A) The average number of Zip3-GFP foci on chromosome IV detected on spreads (as in Fig 4) divided by the average number of COs on chromosome IV in genotyped tetrads (as in Fig 2A). B) The average number of Zip2 foci on chromosome XV detected on spreads [9] divided by the average number of COs on chromosome XV in genotyped tetrads (this study and [50].) C) Meiotic chromosomes from rad50S cells prepared as in Fig 4A. D) The average number of COs genome wide expressed as a percent of all interhomolog events. Per-tetrad averages are shown. E) Pachytene spreads stained with anti-Red1 antibody to detect axes. Three examples are shown for each genotype. Error bars: SE.

Fig 6. The distribution of recombination events is altered in tel1Δ, sgs1Δ, and zmmΔ.
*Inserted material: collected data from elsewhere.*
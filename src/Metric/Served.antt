-- ===== src/Metric/Served.antt =====
-- The update thread of core/metric.c comes to every action that is queued.
use mathlib.Core.List.{append_assoc}
use syswatcher.Base.{ℕ, suc, ◌<◌, ◌≡◌, ap, ◌∙◌, List, [], ◌∷◌, ◌++◌, Option, arith, map, length}
use syswatcher.Channel.{Item}
use syswatcher.Metric.{SubMetricUnit, MetricUnit, target, update_round, run_sub_metric}
use syswatcher.Metric.Actions.{
  Event, second, round, called, calls, fired_now, second-queue, round-queue,
}

-- How often the update thread has looked into the queue.
unfoldable pub rounds : List Event → ℕ
rounds [] = 0
rounds (second ∷ es) = rounds es
rounds (round ∷ es) = suc (rounds es)

round-cons :
    (unit : MetricUnit) (n : ℕ) (rest : List ℕ)
    → unit.action_fifo ≡ n ∷ rest
    → (called (update_round unit).1 ≡ target unit.sub_metrics n ∷ [])
      × ((update_round unit).0.action_fifo ≡ rest)
unfolding update_round
round-cons unit n rest e = (ground arith, ground arith)

-- However the timer and the update thread are interleaved, an action with p others before it in the
-- queue is called once the update thread has made more than p rounds: it makes the call number p,
-- after those of the actions before it.
pub queued-called :
    (es : List Event) (unit : MetricUnit) (before : List ℕ) (n : ℕ) (rest : List ℕ)
    → unit.action_fifo ≡ before ++ n ∷ rest
    → length before < rounds es
    → (later : List (Option (ℕ × Item))) × (calls es unit
        ≡ map (target unit.sub_metrics) before ++ target unit.sub_metrics n ∷ later)
unfolding calls rounds
queued-called [] unit before n rest e lt = absurd (omega arith)
queued-called (second ∷ es) unit before n rest e lt =
    let (q, t) = second-queue unit in
    let longer : (run_sub_metric unit).action_fifo ≡ before ++ n ∷ (rest ++ fired_now unit) =
      q
      ∙ (ap (λ (l : List ℕ). l ++ fired_now unit) e
          ∙ append_assoc before (n ∷ rest) (fired_now unit)) in
    let (later, c) =
      queued-called es (run_sub_metric unit) before n (rest ++ fired_now unit) longer lt in
    (later, c ∙ ap (λ (T : ℕ → Option (ℕ × Item)). map T before ++ T n ∷ later) t)
queued-called (round ∷ es) unit [] n rest e lt =
    let (c, q) = round-cons unit n rest e in
    (
      calls es (update_round unit).0,
      ap (λ (l : List (Option (ℕ × Item))). l ++ calls es (update_round unit).0) c,
    )
queued-called (round ∷ es) unit (b ∷ before) n rest e lt =
    let (c, q) = round-cons unit b (before ++ n ∷ rest) e in
    let (q', t) = round-queue unit in
    let (later, c') = queued-called es (update_round unit).0 before n rest q (omega arith) in
    (
      later,
      ap (λ (l : List (Option (ℕ × Item))). l ++ calls es (update_round unit).0) c
          ∙ ap (λ (l : List (Option (ℕ × Item))). target unit.sub_metrics b ∷ l)
              (c'
                ∙ ap
                    (λ (subs : List SubMetricUnit).
                      map (target subs) before ++ target subs n ∷ later)
                    t),
    )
A) Interference calculated as 1-CoC for a bin size and inter-interval distance of 25 kb is shown for COs only, NCOs only, or all events from whole-genome recombination data. msh4Δ data comprise seven tetrads sequenced in our lab and five tetrads genotyped by Mancera et al. [51]. B) Simulations were performed in which an interfering population of DSBs was first created, and then COs were selected from the DSBs. COs were selected either with or without additional interference. Remaining DSBs were considered NCOs. Failure to detect some events was simulated by removing 20% of all events and 30% of the remaining NCOs. Interference between all simulated DSBs or between “detectable” products is shown. Left: the strength of DSB interference was varied, and the strength of CO interference was selected to recapitulate observed interference between COs in wild type. Right: conditions were the same as on the left except no CO interference was incorporated. C) “Complex” events include the event types shown, and are events that could arise from more than one DSB. Randomized data consist of at least 10000 simulated tetrads per genotype in which the CO and GC tract positions in real tetrads were randomized. “With DSB landscape” indicates that event positions take into account DSB frequencies (see Materials and Methods). D) As in C, but includes only events involving four chromatids. Error bars: SE.

Fig 7. Model for recombination pathway choice with and without Tel1.

A) In contrast to Fig 1 where DSB formation and CO designation were depicted as independent processes, we propose that formation of a SIC suppresses DSB formation nearby, so that later DSBs tend not to occur near a SIC. Early forming DSBs thus have a greater tendency to become interference-capable CO-designated sites and later DSBs tend to become NCOs or “non-interfering” COs. B) In tel1Δ, the number of DSBs is higher than in wild type and DSB distribution is less regular. A smaller fraction of DSBs becomes committed to the CO fate and marked by SICs; SICs still show an orderly distribution, as in wild type. DSBs not marked by SICs become NCOs or “non-interfering” COs, leading to decreased CO interference.